Aim of the task: In the entries that follow, how many lines include the string "capacity"? The answer is the number only.

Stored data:
◇ ◇ ◇ ◇ ◇
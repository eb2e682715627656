-- ===== src/Common/LfQueue.antt =====
-- common/lf_queue.h: the ring of `store_.size()` slots behind every link between two threads. The
-- vector is a function of the index and a size; a pointer to a slot is its index.
pub mod Fifo
mod Tests
use nano_trade.Base.{
  ℕ, ◌+◌, ◌-◌, ◌%◌, ◌^◌, ◌==◌, not, if◌then◌else◌, update, Option, none, some, List, [], ◌∷◌,
}
use nano_trade.Base.Outcome.{Outcome, ok, fault, fatal, and_then}

pub record LfQueue (T : Type 0) : Type 0 where
  pub store : ℕ → T
  pub capacity : ℕ
  pub next_write_index : ℕ
  pub next_read_index : ℕ
  pub num_elements : ℕ

module _ {T : Type 0} where
  -- The constructor; `default` is the value `T()`.
  unfoldable pub init : T → ℕ → LfQueue T
  init default num_elems = record {
    store = λ _. default;
    capacity = num_elems;
    next_write_index = 0;
    next_read_index = 0;
    num_elements = 0;
  }

  unfoldable pub size : LfQueue T → ℕ
  size q = q.num_elements

  unfoldable pub get_next_to_write_to : LfQueue T → ℕ
  get_next_to_write_to q = q.next_write_index

  -- The caller's write through the pointer, `*next_write = t`.
  unfoldable pub write_slot : LfQueue T → ℕ → T → LfQueue T
  write_slot q i t = record q { store = update q.store i t }

  unfoldable pub update_write_index : LfQueue T → LfQueue T
  update_write_index q = record q {
    next_write_index = (q.next_write_index + 1) % q.capacity;
    num_elements = (q.num_elements + 1) % 2 ^ 64;
  }

  -- What the pointer leads to; `none` is the null pointer.
  unfoldable pub get_next_to_read : LfQueue T → Option T
  unfolding size
  get_next_to_read q = if size q == 0 then none else some (q.store q.next_read_index)

  -- The index moves before the test of the count.
  unfoldable pub update_read_index : LfQueue T → Outcome (LfQueue T)
  update_read_index q =
      if not (q.num_elements == 0)
      then ok (record q {
        next_read_index = (q.next_read_index + 1) % q.capacity;
        num_elements = q.num_elements - 1;
      })
      else fault fatal

  -- The three steps in which every producer writes.
  unfoldable pub push : LfQueue T → T → LfQueue T
  unfolding get_next_to_write_to write_slot update_write_index
  push q t = update_write_index (write_slot q (get_next_to_write_to q) t)

  -- A producer's loop over what it has to write.
  unfoldable pub pushes : LfQueue T → List T → LfQueue T
  pushes q [] = q
  pushes q (t ∷ ts) = pushes (push q t) ts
◇ ◇ ◇ ◇ ◇
Answer area: 4